RECORD EXTRACTS
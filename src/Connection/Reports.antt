-- ===== src/Connection/Reports.antt =====
-- The positions that a connection reports while it runs.
use k8spodlogreceiver.Prelude.{
  ℕ, ◌≡◌, refl, inl, inr, true, false, List, [], ◌∷◌, ◌++◌, arith, leb, ◌==◌, Bool-cases, bytes_eq,
}
use k8spodlogreceiver.Instant.{Instant}
use k8spodlogreceiver.Logline.Line.{Line}
use k8spodlogreceiver.Logline.Batch.{Meta, Batch}
use k8spodlogreceiver.Cursor.{Cursor, is_zero, record_line}
use k8spodlogreceiver.Cursor.Filter.{keep}
use k8spodlogreceiver.Connection.{
  Conn, Consumed, Outcome, Event, line, closed, tick, Status, running, pipeline_refused,
  read_failed, at_eof, open_connection, flushed, flush, append_line, append_kept, step, loop,
  stream_connection,
}
use k8spodlogreceiver.Connection.Tracks.{next_resume}

-- The last of the cursors, `c` where there is none.
abbrev pub last_from : Cursor → List Cursor → Cursor
last_from c [] = c
last_from c (d ∷ ds) = last_from d ds

pub last_from-append :
    (c : Cursor) (xs ys : List Cursor) → last_from c (xs ++ ys) ≡ last_from (last_from c xs) ys
last_from-append c [] ys = refl
last_from-append c (x ∷ xs) ys = last_from-append x xs ys

-- What was reported last is what the stream will take over.
pub record Reported (c : Cursor) (s : Conn) : Type 0 where
  pub published : last_from c s.progress ≡ next_resume c s
  pub placed : s.batch_advanced ≡ true → is_zero s.pending ≡ false

module _ (pipeline : ℕ → Batch → Consumed) (max_batch : ℕ) (m : Meta) (c : Cursor) where
  pub Reported-flushed :
      (s : Conn) (o : Outcome) → Reported c s → Reported c (flushed pipeline max_batch m s o).1
  unfolding flushed
  Reported-flushed s o r = record {
    published =
        ground (arith, r.published, r.placed, last_from-append c s.progress (s.pending ∷ []));
    placed = λ h. absurd (ground (arith, h));
  }

  pub Reported-flush : (s : Conn) → Reported c s → Reported c (flush pipeline max_batch m s).1
  unfolding flush
  Reported-flush s r = elim (Bool-cases (s.batch.count == 0)) [
    | inl e ↦ rw (e, flush) r
    | inr e ↦ rw (e, flush) (Reported-flushed s _ r)
  ]

  pub Reported-append_line :
      (s : Conn) (l : Line) (now : Instant)
      → Reported c s
      → Reported c (append_line pipeline max_batch m s l now)
  unfolding append_line record_line
  Reported-append_line s l now r = record {
    published = r.published;
    placed = λ h. ground (arith, h, r.placed);
  }

  pub Reported-append_kept :
      (s : Conn) (l : Line) (now : Instant)
      → Reported c s
      → Reported c (append_kept pipeline max_batch m s l now).0
  unfolding append_kept
  Reported-append_kept s l now r =
      elim (Bool-cases (leb max_batch (append_line pipeline max_batch m s l now).batch.count)) [
        | inl e ↦ rw (e, append_kept) (Reported-flush _ (Reported-append_line s l now r))
        | inr e ↦ rw (e, append_kept) (Reported-append_line s l now r)
      ]

  pub Reported-step :
      (s : Conn) (e : Event) → Reported c s → Reported c (step pipeline max_batch m s e).0
  unfolding step
  Reported-step s (line l now) r = elim (Bool-cases (keep s.filter l.timestamp).0) [
    | inl e ↦
        rw (e, step)
          (Reported-append_kept (record s { filter = (keep s.filter l.timestamp).1 }) l now
            (record { published = r.published; placed = r.placed }))
    | inr e ↦ rw (e, step) (record { published = r.published; placed = r.placed })
  ]
  Reported-step s (closed failed) r = Reported-flush s r
  Reported-step s tick r = Reported-flush s r

  pub Reported-loop :
      (es : List Event) (s : Conn) → Reported c s → Reported c (loop pipeline max_batch m s es).0
  unfolding loop
  Reported-loop [] s r = r
  Reported-loop (e ∷ es) s r =
      go (Reported-loop es (step pipeline max_batch m s e).0 r') (step pipeline max_batch m s e).1
        refl
    where
      r' : Reported c (step pipeline max_batch m s e).0
      r' = Reported-step s e r

      go :
          Reported c (loop pipeline max_batch m (step pipeline max_batch m s e).0 es).0
          → (st : Status) → (step pipeline max_batch m s e).1 ≡ st
          → Reported c (loop pipeline max_batch m s (e ∷ es)).0
      go rec running h = rw (h, loop) rec
      go rec pipeline_refused h = rw (h, loop) r'
      go rec read_failed h = rw (h, loop) r'
      go rec at_eof h = rw (h, loop) r'

-- At every moment of a connection from `c`, the last position that it has reported, or `c` before the
-- first report, is the one that the stream takes over if the connection ends there.
pub stream_connection_reports :
    (pipeline : ℕ → Batch → Consumed) (max_batch : ℕ) (m : Meta) (c : Cursor) (es : List Event)
    → let s = (stream_connection pipeline max_batch m c es).0 in
      last_from c s.progress ≡ next_resume c s
unfolding stream_connection open_connection
stream_connection_reports pipeline max_batch m c es =
    (Reported-loop pipeline max_batch m c es (open_connection pipeline max_batch m c)
      (record { published = refl; placed = λ h. absurd (ground (arith, h)) })).published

REQUIREMENT
Write out, from the lines above, only those from the line with "last_from c (d ∷ ds) = last_from d ds" to the line with "pub placed : s.batch_advanced", exactly as given, including the first and the last.

EXPECTED ANSWER
last_from c (d ∷ ds) = last_from d ds

pub last_from-append :
    (c : Cursor) (xs ys : List Cursor) → last_from c (xs ++ ys) ≡ last_from (last_from c xs) ys
last_from-append c [] ys = refl
last_from-append c (x ∷ xs) ys = last_from-append x xs ys

-- What was reported last is what the stream will take over.
pub record Reported (c : Cursor) (s : Conn) : Type 0 where
  pub published : last_from c s.progress ≡ next_resume c s
  pub placed : s.batch_advanced ≡ true → is_zero s.pending ≡ false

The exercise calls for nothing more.